Can't understand why our French allies are building warships for our still potential enemy. - (Yes, I know its all about the economy and jobs for the industry).
Perhaps modern technology has allowed for built in self-destruct? One push of a button from a remote allied installation and the bottom falls out!!!!!!!!!!!


----------



## chadburn (Jun 2, 2008)

For those of us who worked for M.F.C. and were still working for them at the end this situation is not unfamiliar regarding impounding.
Tunatownshipwreck, I also believe that the Russians may follow the Israeli 'pattern' of obtaining impounded Military vessels. Milla Brenner, my old Boss rules ok.(Jester)


----------



## Adrian Walker (Nov 29, 2012)

I don't have any 'political' or other ideas on this matter, but being interested in the story I was ferreting around the net and discovered this; the stern portion of the ship was launched with champagne ceremony at Petersburg before being towed off to France for completion.
I'm no expert but I've never come across a vessel being launched 'bit by bit' so to speak.
Perhaps the following link may interest readers here, video and still pictures of the launch, but note that the video may take a while to load.

http://on.rt.com/ajck7u


----------



## Stephen J. Card (Nov 5, 2006)

Check internet for the VLCC NORDIC CLANSMAN (1973) Built in two and joined afloat in a tidal basin... Port Glasgow. The first of similar method.

But there are plenty of ships built in different yards. Now or stern halves towed away or even put onto a barge... if not too small.

Two large Disney ships built in two different yards. The two halves were built laying in the same direction... to ensure identical heating from the sun!
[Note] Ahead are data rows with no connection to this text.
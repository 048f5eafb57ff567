-- ===== src/Timeline/Recorder/Downgrades.antt =====
-- internal/observability/timeline/recorder.go: the signal that details of a turn are dropped.
use text.Mathlib.Text.{◌==◌}
use realtime_speech_pipeline.Base.{
  ℕ, suc, ◌+◌, String, Bool, true, false, not, ◌&&◌, ◌||◌, ◌≡◌, refl, ap, ◌∙◌, inl, inr, none, some,
  List, [], ◌∷◌, Result, ok, err, is_err, if◌then◌else◌, ltb, leb, Bool-cases, arith,
}
use realtime_speech_pipeline.Base.Lists.{length}
use realtime_speech_pipeline.Base.Members.{has, has_of_eq}
use realtime_speech_pipeline.Base.Int.{is_negative}
use realtime_speech_pipeline.Base.Text.{is_empty, is_empty-fallback}
use realtime_speech_pipeline.EventAbi.Signal
use realtime_speech_pipeline.EventAbi.Signal.{ControlSignal}
use realtime_speech_pipeline.Timeline.Baseline.{BaselineEvidence, validate_completeness}
use realtime_speech_pipeline.Timeline.{
  ProviderAttemptEvidence, InvocationSnapshotEvidence, validate_snapshot,
}
use realtime_speech_pipeline.Timeline.Recorder.{
  append_baseline, append_baseline_checked, Recorder, DetailEvent, DetailAppendResult, key_of,
  downgrade_signal_of, build_recording_downgrade_signal, downgraded, validate_attempts,
  append_attempts_checked, append_provider_invocation_attempts, append_snapshot_checked,
  append_invocation_snapshot, append_detail, append_detail_checked, drop_detail, check_detail, Call,
  after, run,
}

-- There is room for another detail.
abbrev pub has_room : Recorder → Bool
has_room r = ltb (length r.detail_entries) r.cfg.detail_capacity

-- The call drops a detail of the turn with this key.
abbrev pub call_drops : String → Call → Recorder → Bool
call_drops key (Call.baseline b) r = false
call_drops key (Call.attempts l) r = false
call_drops key (Call.snapshot s) r = false
call_drops key (Call.detail d) r =
    not (is_err (check_detail d)) && not (has_room r) && key_of d == key

-- Some call of the sequence does.
abbrev pub dropped_before : String → List Call → Recorder → Bool
dropped_before key [] r = false
dropped_before key (call ∷ calls) r =
    call_drops key call r || dropped_before key calls (after call r)

same_attempts :
    (l : List ProviderAttemptEvidence) (r : Recorder) (v : Result (Unit {0}))
    → (append_attempts_checked v l r).0.downgrade_by_turn ≡ r.downgrade_by_turn
unfolding append_attempts_checked
same_attempts l r (err e) = refl
same_attempts l r (ok tt) =
    elim (Bool-cases (ltb r.cfg.attempt_capacity (length r.attempt_entries + length l))) [
      | inl e ↦ rw e refl
      | inr e ↦ rw e refl
    ]

same_baselines :
    (b : BaselineEvidence) (r : Recorder) (v : Result (Unit {0}))
    → (append_baseline_checked v b r).0.downgrade_by_turn ≡ r.downgrade_by_turn
unfolding append_baseline_checked
same_baselines b r (err e) = refl
same_baselines b r (ok tt) =
    elim (Bool-cases (leb r.cfg.baseline_capacity (length r.baseline_entries))) [
      | inl e ↦ rw e refl
      | inr e ↦ rw e refl
    ]

same_snapshots :
    (s : InvocationSnapshotEvidence) (r : Recorder) (v : Result (Unit {0}))
    → (append_snapshot_checked v s r).0.downgrade_by_turn ≡ r.downgrade_by_turn
unfolding append_snapshot_checked
same_snapshots s r (err e) = refl
same_snapshots s r (ok tt) =
    elim (Bool-cases (leb r.cfg.invocation_snapshot_cap (length r.snapshot_entries))) [
      | inl e ↦ rw e refl
      | inr e ↦ rw e refl
    ]

same_either :
    (b : Bool) (x y : Recorder × Result (Unit {0})) (keys : List String)
    → x.0.downgrade_by_turn ≡ keys
    → y.0.downgrade_by_turn ≡ keys
    → (if b then x else y).0.downgrade_by_turn ≡ keys
same_either true x y keys ex ey = ex
same_either false x y keys ex ey = ey

drop-marks :
    (key : String) (d : DetailEvent) (r : Recorder)
    → has key (drop_detail d r).0.downgrade_by_turn
      ≡ (key_of d == key || has key r.downgrade_by_turn)
unfolding drop_detail has
drop-marks key d r = elim (Bool-cases (has (key_of d) r.downgrade_by_turn)) [
  | inl e ↦ rw e (at (key_of d == key) refl e)
  | inr n ↦ rw n refl
]
  where
    at :
        (b : Bool)
        → (key_of d == key) ≡ b
        → has (key_of d) r.downgrade_by_turn ≡ true
        → has key r.downgrade_by_turn ≡ (key_of d == key || has key r.downgrade_by_turn)
    at true f e = rw f (has_of_eq (key_of d) key r.downgrade_by_turn f ∙ e)
    at false f e = rw f refl

detail-marks :
    (key : String) (d : DetailEvent) (r : Recorder) (v : Result (Unit {0}))
    → has key (append_detail_checked v d r).0.downgrade_by_turn
      ≡ (not (is_err v) && not (has_room r) && key_of d == key || has key r.downgrade_by_turn)
unfolding append_detail_checked
detail-marks key d r (err e) = refl
detail-marks key d r (ok tt) = elim (Bool-cases (has_room r)) [
  | inl e ↦ rw e refl
  | inr n ↦ rw n (drop-marks key d r)
]

call-marks :
    (key : String) (call : Call) (r : Recorder)
    → has key (after call r).downgrade_by_turn
      ≡ (call_drops key call r || has key r.downgrade_by_turn)
unfolding append_baseline append_provider_invocation_attempts append_invocation_snapshot
    append_detail
call-marks key (Call.baseline b) r = ap (has key) (same_baselines b r (validate_completeness b))
call-marks key (Call.attempts []) r = refl
call-marks key (Call.attempts (a ∷ l)) r =
    ap (has key) (same_attempts (a ∷ l) r (validate_attempts (a ∷ l)))
call-marks key (Call.snapshot s) r = ap (has key) (
    same_either r.cfg.enable_invocation_snapshot _ _ r.downgrade_by_turn
      (same_snapshots s r (validate_snapshot s)) refl)
call-marks key (Call.detail d) r = detail-marks key d r (check_detail d)

run-marks :
    (key : String) (calls : List Call) (r : Recorder)
    → has key (run calls r).downgrade_by_turn
      ≡ (dropped_before key calls r || has key r.downgrade_by_turn)
run-marks key [] r = refl
run-marks key (call ∷ calls) r =
    run-marks key calls (after call r) ∙ ground (arith, call-marks key call r)

-- A detail that append_detail takes.
pub record IsComplete (d : DetailEvent) : Type 0 where
  pub session : is_empty d.session_id ≡ false
  pub pipeline : is_empty d.pipeline_version ≡ false
  pub event : is_empty d.event_id ≡ false
  pub runtime_time : is_negative d.runtime_timestamp_ms ≡ false
  pub wall_time : is_negative d.wall_clock_timestamp_ms ≡ false

downgrade_signal-accepted :
    (d : DetailEvent) → IsComplete d → Signal.validate (downgrade_signal_of d) ≡ ok tt
unfolding downgrade_signal_of Signal.validation
downgrade_signal-accepted d c =
    ground (arith, is_empty-fallback d.reason "stage_a_detail_overflow" refl)

check_detail-ok : (d : DetailEvent) → IsComplete d → check_detail d ≡ ok tt
unfolding check_detail
check_detail-ok d c = rw (c.session, c.pipeline, c.event, c.runtime_time, c.wall_time) refl

-- What a drop answers: with the signal, if the turn has not had it.
abbrev pub dropped_answer : DetailEvent → (told : Bool) → (count : ℕ) → DetailAppendResult
dropped_answer d told count = record {
  stored = false;
  dropped = true;
  downgrade_emitted = not told;
  downgrade_signal = if told then none else some (downgrade_signal_of d);
  dropped_detail_count = count;
}

drop_detail-answers :
    (d : DetailEvent) (r : Recorder) (told : Bool)
    → IsComplete d
    → has (key_of d) r.downgrade_by_turn ≡ told
    → (drop_detail d r).1 ≡ ok (dropped_answer d told (suc r.dropped_details))
unfolding drop_detail downgraded build_recording_downgrade_signal
drop_detail-answers d r true c e = rw e refl
drop_detail-answers d r false c e = rw (e, downgrade_signal-accepted d c) refl

no_key : (key : String) → has key [] ≡ false
unfolding has
no_key key = refl

-- On a recorder on which no turn was told yet, after any calls, a complete detail for which there is no
-- room is dropped without an error, and the answer carries the downgrade signal, a valid one, exactly
-- if none of those calls dropped a detail of a turn with the same key.
pub append_detail-downgrades_once :
    (r : Recorder) (calls : List Call) (d : DetailEvent)
    → r.downgrade_by_turn ≡ []
    → IsComplete d
    → has_room (run calls r) ≡ false
    → ((append_detail d (run calls r)).1
        ≡ ok (
            dropped_answer d
              (dropped_before (key_of d) calls r)
              (suc (run calls r).dropped_details)))
      × (Signal.validate (downgrade_signal_of d) ≡ ok tt)
unfolding append_detail append_detail_checked
append_detail-downgrades_once r calls d new c full = (
  rw (check_detail-ok d c, full)
      (drop_detail-answers d (run calls r) (dropped_before (key_of d) calls r) c
        (run-marks (key_of d) calls r ∙ untold (dropped_before (key_of d) calls r))),
  downgrade_signal-accepted d c,
)
  where
    untold : (b : Bool) → (b || has (key_of d) r.downgrade_by_turn) ≡ b
    untold true = refl
    untold false = ap (has (key_of d)) new ∙ no_key (key_of d)
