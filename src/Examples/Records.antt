-- ===== src/Examples/Records.antt =====
-- The theorems on the recorder at concrete inputs.
use realtime_speech_pipeline.Base.{◌≡◌, refl, false, String, true, suc, List, [], ◌∷◌, ok, err}
use realtime_speech_pipeline.Base.Int.{pos, ltℤ}
use realtime_speech_pipeline.Base.Members.{has}
use realtime_speech_pipeline.EventAbi.Signal
use realtime_speech_pipeline.Timeline.{ProviderAttemptEvidence, validate_attempt}
use realtime_speech_pipeline.Timeline.Outcomes.{invocation_outcomes_from_provider_attempts}
use realtime_speech_pipeline.Timeline.Outcomes.Lone.{lone_outcome, invocation_outcomes-lone}
use realtime_speech_pipeline.Timeline.Recorder.{
  Recorder, DetailEvent, new_recorder, append_detail, append_detail_checked,
  append_provider_invocation_attempts, append_attempts_checked, validate_attempts, drop_detail,
  check_detail, downgrade_signal_of, key_of, Call, run,
}
use realtime_speech_pipeline.Timeline.Recorder.Capacity.{IsSound, run-IsSound}
use realtime_speech_pipeline.Timeline.Recorder.Downgrades.{
  has_room, dropped_answer, dropped_before, append_detail-downgrades_once,
}

abbrev detail_of : (event_id turn_id : String) → DetailEvent
detail_of event_id turn_id = record {
  session_id = "s1";
  turn_id = turn_id;
  pipeline_version = "p1";
  event_id = event_id;
  transport_sequence = pos 0;
  runtime_sequence = pos 0;
  authority_epoch = pos 1;
  runtime_timestamp_ms = pos 10;
  wall_clock_timestamp_ms = pos 10;
  reason = "";
}

abbrev attempt : ProviderAttemptEvidence
attempt = record {
  session_id = "s1";
  turn_id = "t1";
  pipeline_version = "p1";
  event_id = "e1";
  provider_invocation_id = "i1";
  modality = "stt";
  provider_id = "a";
  attempt = pos 1;
  outcome_class = "timeout";
  retryable = true;
  retry_decision = "none";
  attempt_latency_ms = pos 0;
  transport_sequence = pos 0;
  runtime_sequence = pos 0;
  authority_epoch = pos 1;
  runtime_timestamp_ms = pos 10;
  wall_clock_timestamp_ms = pos 10;
}

-- Room for one detail and for one attempt.
abbrev small : Recorder
small = new_recorder (pos 1) (pos 1) (pos 1) (pos 1) true

-- The second detail is dropped, and the second list of attempts refused.
abbrev calls : List Call
calls =
    Call.detail (detail_of "e1" "t1")
    ∷ Call.attempts (attempt ∷ [])
    ∷ Call.detail (detail_of "e2" "t1")
    ∷ Call.attempts (attempt ∷ [])
    ∷ []

run-IsSound_example : IsSound (run calls (new_recorder (pos 1) (pos 1) (pos 1) (pos 1) true))
run-IsSound_example = run-IsSound (pos 1) (pos 1) (pos 1) (pos 1) true calls

small-untold : small.downgrade_by_turn ≡ []
unfolding new_recorder
small-untold = refl

small-full : has_room (run calls small) ≡ false
unfolding new_recorder append_detail append_provider_invocation_attempts append_attempts_checked
    validate_attempts validate_attempt has append_detail_checked check_detail drop_detail
small-full = refl

-- A third detail of the turn is dropped without a signal.
append_detail-downgrades_once_example :
    ((append_detail (detail_of "e3" "t1") (run calls small)).1
      ≡ ok (
          dropped_answer
            (detail_of "e3" "t1")
            (dropped_before (key_of (detail_of "e3" "t1")) calls small)
            (suc (run calls small).dropped_details)))
    × (Signal.validate (downgrade_signal_of (detail_of "e3" "t1")) ≡ ok tt)
append_detail-downgrades_once_example =
    append_detail-downgrades_once small calls (detail_of "e3" "t1") small-untold
      (record {
        session = refl;
        pipeline = refl;
        event = refl;
        runtime_time = refl;
        wall_time = refl;
      })
      small-full

-- An attempt that took 5 ms and is the only one.
abbrev timed : ProviderAttemptEvidence
timed = record attempt { attempt_latency_ms = pos 5 }

timed-valid : validate_attempt timed ≡ ok tt
unfolding validate_attempt has
timed-valid = refl

invocation_outcomes-lone_example :
    (ltℤ (pos 0) (pos 5) ≡ false
      → invocation_outcomes_from_provider_attempts (timed ∷ []) ≡ ok (lone_outcome timed ∷ []))
    × (ltℤ (pos 0) (pos 5) ≡ true
        → invocation_outcomes_from_provider_attempts (timed ∷ [])
          ≡ err "invocation total_invocation_latency_ms must be >= final_attempt_latency_ms")
invocation_outcomes-lone_example = invocation_outcomes-lone timed timed-valid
Quite a few ships sections were built and towed away for completion.


----------



## Adrian Walker (Nov 29, 2012)

Thanks for the above Stephen, having looked into it a little further I can see that this has become fairly common practice, how ship building technology has changed over the years.


----------



## chadburn (Jun 2, 2008)

A lesson on how to get your Warships out of France Google 'Operation Noa', some of my fellow MFC Crewmates will see a name they should recognise. There was also a Noa B involving a British Company which is not mentioned.


----------



## Stephen J. Card (Nov 5, 2006)

Adrian Walker said:


> Thanks for the above Stephen, having looked into it a little further I can see that this has become fairly common practice, how ship building technology has changed over the years.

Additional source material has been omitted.